● WHAT YOU ARE ASKED TO DO
Would you please copy each line of the listing that mentions "IsRoaring"?

● STUDY MATERIAL
-- ===== src/Codec/Cbo/Merge.antt =====
-- Merging encoded bitmaps gives the encoding of their union.
use milli.Base.{
  ℕ, ◌*◌, ◌^◌, ◌≤◌, ◌<◌, Bool, true, false, ◌||◌, List, [], ◌∷◌, ◌++◌, map, Option, some, length,
  leb, ◌==◌, ◌≡◌, refl, sym, ◌∙◌, arith, All, All-append, any, Bool-cases, inl, inr, ◌⊎◌,
}
use milli.Bitmap.{Roaring, IsRoaring}
use milli.Bitmap.Laws.{len-new, empty-contains}
use milli.Bitmap.Numbers.{
  elem, elem-append, IsSorted, length-le_of_subset, sort, dedup, elem-dedup-sort,
  dedup-sort-IsSorted, All-sort, All-dedup,
}
use milli.Codec.Bytes.{write_all, read_all-write_all, length-write_all}
use milli.Codec.Cbo.{
  threshold, serialize_into, merge_slices, write_values, write_merged, merge_into,
}
use milli.Codec.Cbo.Laws.{
  Decodes, Decodes-plain, Decodes-serialize, serialize_into-few, serialize_into-many,
}

module _ (r : Roaring) (laws : IsRoaring r) (big : Bool) where
  open r use {
    Bitmap, contains, new, len, iter, union, extend, serialize, deserialize, from_sorted_iter,
  }

  abbrev pub encode : Bitmap → List ℕ
  encode b = serialize_into r big b []

  -- A bitmap with the numbers of another is no smaller.
  len-le_of_subset :
      (a b : Bitmap) → ((n : ℕ) → contains a n ≡ true → contains b n ≡ true) → len a ≤ len b
  len-le_of_subset a b sub = omega (
    arith,
    laws.len-iter a,
    laws.len-iter b,
    length-le_of_subset (iter a) (iter b) (laws.iter-IsSorted a) (laws.iter-IsSorted b)
        (λ n h. laws.contains-iter b n ∙ sub n (sym (laws.contains-iter a n) ∙ h)),
  )

  -- The bitmap that is gathered is empty or too large for the plain format.
  abbrev Gathered : Bitmap → Type 0
  Gathered b = (len b ≡ 0) ⊎ (7 < len b)

  -- What the loop has gathered after the slices.
  abbrev Merged : (ℕ → Bool) → Option (Bitmap × List ℕ) → Type 0
  Merged holds o =
      (b : Bitmap) × (ns : List ℕ) × (o ≡ some (b, ns))
      × Gathered b
      × All (λ n. n < 2 ^ 32) ns
      × ((n : ℕ) → contains b n || elem n ns ≡ holds n)

  abbrev pub in_any : List Bitmap → ℕ → Bool
  in_any bs n = any (λ b. contains b n) bs

  step_few :
      (b roaring : Bitmap) (vec : List ℕ) (slices : List (List ℕ))
      → leb (len b) threshold ≡ true
      → merge_slices r big (encode b ∷ slices) roaring vec
        ≡ merge_slices r big slices roaring (vec ++ iter b)
  unfolding merge_slices
  step_few b roaring vec slices few =
      let same : encode b ≡ write_all big (iter b) = serialize_into-few r laws big b [] few in
      let fits : leb (length (write_all big (iter b))) (threshold * 4) ≡ true =
        ground (arith, length-write_all big (iter b), laws.len-iter b) in
      rw same
        (rw (fits, merge_slices) (rw (read_all-write_all big (iter b) (laws.iter-fits b)) refl))

  step_many :
      (b roaring : Bitmap) (vec : List ℕ) (slices : List (List ℕ))
      → leb (len b) threshold ≡ false
      → merge_slices r big (encode b ∷ slices) roaring vec
        ≡ merge_slices r big slices (union roaring b) vec
  unfolding merge_slices
  step_many b roaring vec slices many =
      let same : encode b ≡ serialize b = serialize_into-many r laws big b [] many in
      let long : 28 < length (serialize b) = laws.serialize_long b (ground arith) in
      let no_fit : leb (length (serialize b)) (threshold * 4) ≡ false = ground arith in
      rw same (rw (no_fit, merge_slices) (rw (laws.deserialize-serialize b) refl))

  -- The loop gathers the numbers of all bitmaps.
  merge_slices_lem :
      (bs : List Bitmap) (roaring : Bitmap) (vec : List ℕ)
      → Gathered roaring
      → All (λ n. n < 2 ^ 32) vec
      → Merged
          (λ n. (contains roaring n || elem n vec) || in_any bs n)
          (merge_slices r big (map encode bs) roaring vec)
  unfolding merge_slices
  merge_slices_lem [] roaring vec g fits = (roaring, vec, refl, g, fits, λ n. ground arith)
  merge_slices_lem (b ∷ bs) roaring vec g fits = elim (Bool-cases (leb (len b) threshold)) [
    | inl few ↦
        let (c, ns, e, g', fits', same) =
          merge_slices_lem bs roaring (vec ++ iter b) g
            (All-append (λ n. n < 2 ^ 32) vec (iter b) fits (laws.iter-fits b)) in
        (
          c,
          ns,
          step_few b roaring vec (map encode bs) few ∙ e,
          g',
          fits',
          λ n. ground (arith, same n, elem-append n vec (iter b), laws.contains-iter b n),
        )
    | inr many ↦
        let (c, ns, e, g', fits', same) =
          merge_slices_lem bs (union roaring b) vec
            (inr (
              omega (
                arith,
                len-le_of_subset b (union roaring b)
                    (λ n h. ground (arith, laws.contains-union roaring b n)),
                large b many,
              )))
            fits in
        (
          c,
          ns,
          step_many b roaring vec (map encode bs) many ∙ e,
          g',
          fits',
          λ n. ground (arith, same n, laws.contains-union roaring b n),
        )
  ]
    where
      large : (b : Bitmap) → leb (len b) threshold ≡ false → 7 < len b
      large b many = ground arith

  -- What is written for the values decodes to them.
  write_values_lem :
      (ns : List ℕ)
      → IsSorted ns
      → All (λ n. n < 2 ^ 32) ns
      → (bytes : List ℕ) × (write_values r big ns [] ≡ some bytes)
        × Decodes r laws big bytes (λ n. elem n ns)
  unfolding write_values
  write_values_lem ns sorted fits = elim (Bool-cases (leb (length ns) threshold)) [
    | inl few ↦ (write_all big ns, rw few refl, Decodes-plain r laws big ns (ground arith) fits)
    | inr many ↦
        let (b, e, same) = laws.contains-from_sorted_iter ns sorted fits in
        let no_shorter : length ns ≤ length (iter b) =
          length-le_of_subset ns (iter b) sorted (laws.iter-IsSorted b)
            (λ n h. laws.contains-iter b n ∙ same n ∙ h) in
        let size : 7 < len b = ground (arith, laws.len-iter b) in
        (
          serialize b,
          rw many (rw e refl),
          Decodes-serialize r laws big b (λ n. elem n ns) size same,
        )
  ]

  write_merged_lem :
      (b : Bitmap) (vec : List ℕ)
      → Gathered b
      → All (λ n. n < 2 ^ 32) vec
      → (bytes : List ℕ) × (write_merged r big (b, vec) [] ≡ some bytes)
        × Decodes r laws big bytes (λ n. contains b n || elem n vec)
  unfolding write_merged
  write_merged_lem b vec (inl none_held) fits =
      let (bytes, e, (c, e', same)) =
        write_values_lem (dedup (sort vec)) (dedup-sort-IsSorted vec)
          (All-dedup (λ n. n < 2 ^ 32) (sort vec) (All-sort (λ n. n < 2 ^ 32) vec fits)) in
      (
        bytes,
        rw none_held e,
        (
          c,
          e',
          λ n. ground (arith, same n, empty-contains r laws b none_held n, elem-dedup-sort n vec),
        ),
      )
  write_merged_lem b vec (inr large) fits =
      let held : (len b == 0) ≡ false = ground arith in
      let more = laws.contains-extend b vec fits in
      let size : 7 < len (extend b vec) =
        omega (arith, len-le_of_subset b (extend b vec) (λ n h. ground (arith, more n))) in
      (
        serialize (extend b vec),
        rw held refl,
        Decodes-serialize r laws big (extend b vec) (λ n. contains b n || elem n vec) size more,
      )

  -- Encoded bitmaps are merged without an error, and what is written decodes to a bitmap of the
  -- numbers that one of them holds.
  pub merge_into-Decodes :
      (bs : List Bitmap)
      → (bytes : List ℕ) × (merge_into r big (map encode bs) [] ≡ some bytes)
        × Decodes r laws big bytes (in_any bs)
  unfolding merge_into
  merge_into-Decodes bs =
      let (b, ns, e, g, fits, same) = merge_slices_lem bs new [] (inl (len-new r laws)) tt in
      let (bytes, e', (c, e'', same')) = write_merged_lem b ns g fits in
      (bytes, rw e e', (c, e'', λ n. ground (arith, same n, same' n, laws.contains-new n)))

● EXERCISE RESPONSE
use milli.Bitmap.{Roaring, IsRoaring}
module _ (r : Roaring) (laws : IsRoaring r) (big : Bool) where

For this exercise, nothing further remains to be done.